REQUIRED WORK: Pull out every line in the data that has the string "interrupt" in it.

RECORDED INFORMATION:
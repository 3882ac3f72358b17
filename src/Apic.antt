-- ===== src/Apic.antt =====
-- kernel/arch/x86_64/apic.c: the local interrupt controller and its timer, with
-- kernel/arch/x86_64/sched.c. The registers are read and written through a `Bus` at their addresses;
-- the messages are left out.
pub mod Duration
pub mod Records
use silkware.Base.{
  ℕ, zero, suc, ◌+◌, ◌-◌, ◌*◌, ◌/◌, Bool, ◌||◌, not, ltb, ◌==◌, if◌then◌else◌, Option, none, some,
  bit_and, bit_or, u16, u32, u64, ◌^◌, page_size,
}
use silkware.Base.Exec.{Exec, done, panicked, out_of_fuel, ◌>>=◌, ◌>>◌, assert}
use silkware.Ports.{Bus}
use silkware.Hpet.{Hpet, timer_sleep_ms}
use silkware.Mem.{Memory}
use silkware.Map.{sign_extend}

-- `lapic_base` and `ticks`
pub record Lapic : Type 0 where
  pub lapic_base : ℕ
  pub ticks : ℕ

-- The numbers of the registers that are used.
abbrev pub reg_eoi : ℕ
reg_eoi = 0xb0

abbrev pub reg_spurious : ℕ
reg_spurious = 0xf0

abbrev pub reg_lvt_tmr : ℕ
reg_lvt_tmr = 0x320

abbrev pub reg_tmr_initial : ℕ
reg_tmr_initial = 0x380

abbrev pub reg_tmr_cur : ℕ
reg_tmr_cur = 0x390

abbrev pub reg_tmr_div : ℕ
reg_tmr_div = 0x3e0

-- The count that `apic_set_duration` programs for `us` microseconds.
unfoldable pub ticks_value : ℕ → ℕ → ℕ
ticks_value ticks us = let t = u32 (ticks * us) / 1000 in if t == 0 then 1 else t

-- The duration that `sched_update_duration` chooses when its CPU has `n` processes.
unfoldable pub sweep_us : ℕ → ℕ
sweep_us n = let us = 10000 / (if n == 0 then 1 else n) in if us == 0 then 1 else us

module _ {ℓ} {S : Type ℓ} (io : Bus S) where
  unfoldable pub lapic_read : Lapic → ℕ → S → ℕ × S
  lapic_read a reg s = let r = io.input 4 (u64 (a.lapic_base + reg)) s in (u32 r.0, r.1)

  unfoldable pub lapic_write : Lapic → ℕ → ℕ → S → S
  lapic_write a reg value s = io.output 4 (u64 (a.lapic_base + reg)) (u32 value) s

  unfoldable pub lapic_eoi : Lapic → S → S
  unfolding lapic_write
  lapic_eoi a s = lapic_write a reg_eoi 0 s

  -- The interrupt is 32, periodic; the divider is 3, for 16.
  unfoldable pub apic_set_duration : Lapic → ℕ → S → S
  unfolding ticks_value lapic_write
  apic_set_duration a us s =
      let s1 = lapic_write a reg_lvt_tmr (bit_or 32 0x20000) s in
      let s2 = lapic_write a reg_tmr_div 3 s1 in
      lapic_write a reg_tmr_initial (ticks_value a.ticks us) s2

  unfoldable pub sched_update_duration : Lapic → ℕ → S → S
  unfolding sweep_us apic_set_duration
  sched_update_duration a n s = apic_set_duration a (sweep_us n) s

  unfoldable pub apic_start : ℕ → Hpet → Lapic → S → Exec (Lapic × S)
  unfolding lapic_read lapic_write timer_sleep_ms apic_set_duration
  apic_start fuel t a s =
      let r = lapic_read a reg_spurious s in
      let s1 = lapic_write a reg_spurious (bit_or (bit_or r.0 0xff) 0x100) r.1 in
      let s2 = lapic_write a reg_tmr_div 3 s1 in
      let s3 = lapic_write a reg_tmr_initial 0xffffffff s2 in
      timer_sleep_ms io fuel t 10 s3 >>= λ (s4 : S).
      let c = lapic_read a reg_tmr_cur (lapic_write a reg_lvt_tmr 0x10000 s4) in
      let ticks = (0xffffffff - c.0) / 10 in
      let a' : Lapic = record a { ticks = if ticks == 0 then 1 else ticks } in
      done (a', apic_set_duration a' 10000 c.1)

-- `struct madt`, at its address, with the address of its member `data`.
pub record Madt : Type 0 where
  pub address : ℕ
  pub length : ℕ
  pub lapic_addr : ℕ
  pub records : ℕ

-- Eight bytes, the lowest first.
unfoldable pub load64 : Memory → ℕ → ℕ
load64 m p =
    m p
    + 2 ^ 8
      * (m (p + 1)
          + 2 ^ 8
            * (m (p + 2)
                + 2 ^ 8
                  * (m (p + 3)
                      + 2 ^ 8
                        * (m (p + 4)
                            + 2 ^ 8 * (m (p + 5) + 2 ^ 8 * (m (p + 6) + 2 ^ 8 * m (p + 7)))))))

-- The `switch` on one record at `p`: the new `numcores` and `lapic_base`. The record's data starts
-- behind its type and its length.
unfoldable pub count_record : Memory → ℕ → ℕ × ℕ → ℕ × ℕ
unfolding load64
count_record m p acc =
    let flags = m (p + 2 + 2) in
    if m p == 0
    then (
      (if not (bit_and flags 1 == 0) || not (bit_and flags 2 == 0) then u16 (acc.0 + 1) else acc.0),
      acc.1,
    )
    else if m p == 5
    then (acc.0, load64 m (p + 2))
    else acc

-- The loop of `apic_init` up to `limit`; the length of a record is an `int8_t`.
unfoldable pub walk_records : ℕ → Memory → ℕ → ℕ → ℕ × ℕ → Exec (ℕ × ℕ)
unfolding count_record sign_extend
walk_records zero m limit p acc = out_of_fuel
walk_records (suc fuel) m limit p acc =
    let rest =
      walk_records fuel m limit (u64 (p + sign_extend (m (p + 1)))) (count_record m p acc) in
    if ltb p limit then rest else done acc

-- `table` is what acpi_find returns, and `map_anon` the function of paging.c with the flags
-- PAGE_PRESENT | PAGE_WRITABLE | PAGE_NOCACHE.
unfoldable pub apic_init {ℓ} :
    {S : Type ℓ}
    → Bus S
    → ℕ
    → Memory
    → Option Madt
    → ℕ
    → (ℕ → ℕ → S → Exec (ℕ × S))
    → Hpet
    → Lapic
    → S
    → Exec (Lapic × S)
unfolding walk_records apic_start
apic_init io fuel m none ncpus map_anon t a s = panicked
apic_init io fuel m (some madt) ncpus map_anon t a s =
    walk_records fuel m (u64 (madt.address + madt.length)) madt.records (0, madt.lapic_addr)
    >>= λ (r : ℕ × ℕ).
        assert (r.0 == ncpus)
        >> (map_anon r.1 page_size s >>= λ (u : ℕ × _).
            apic_start io fuel t (record a { lapic_base = u.0 }) u.1)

TASK RESPONSE:
-- kernel/arch/x86_64/apic.c: the local interrupt controller and its timer, with
  -- The interrupt is 32, periodic; the divider is 3, for 16.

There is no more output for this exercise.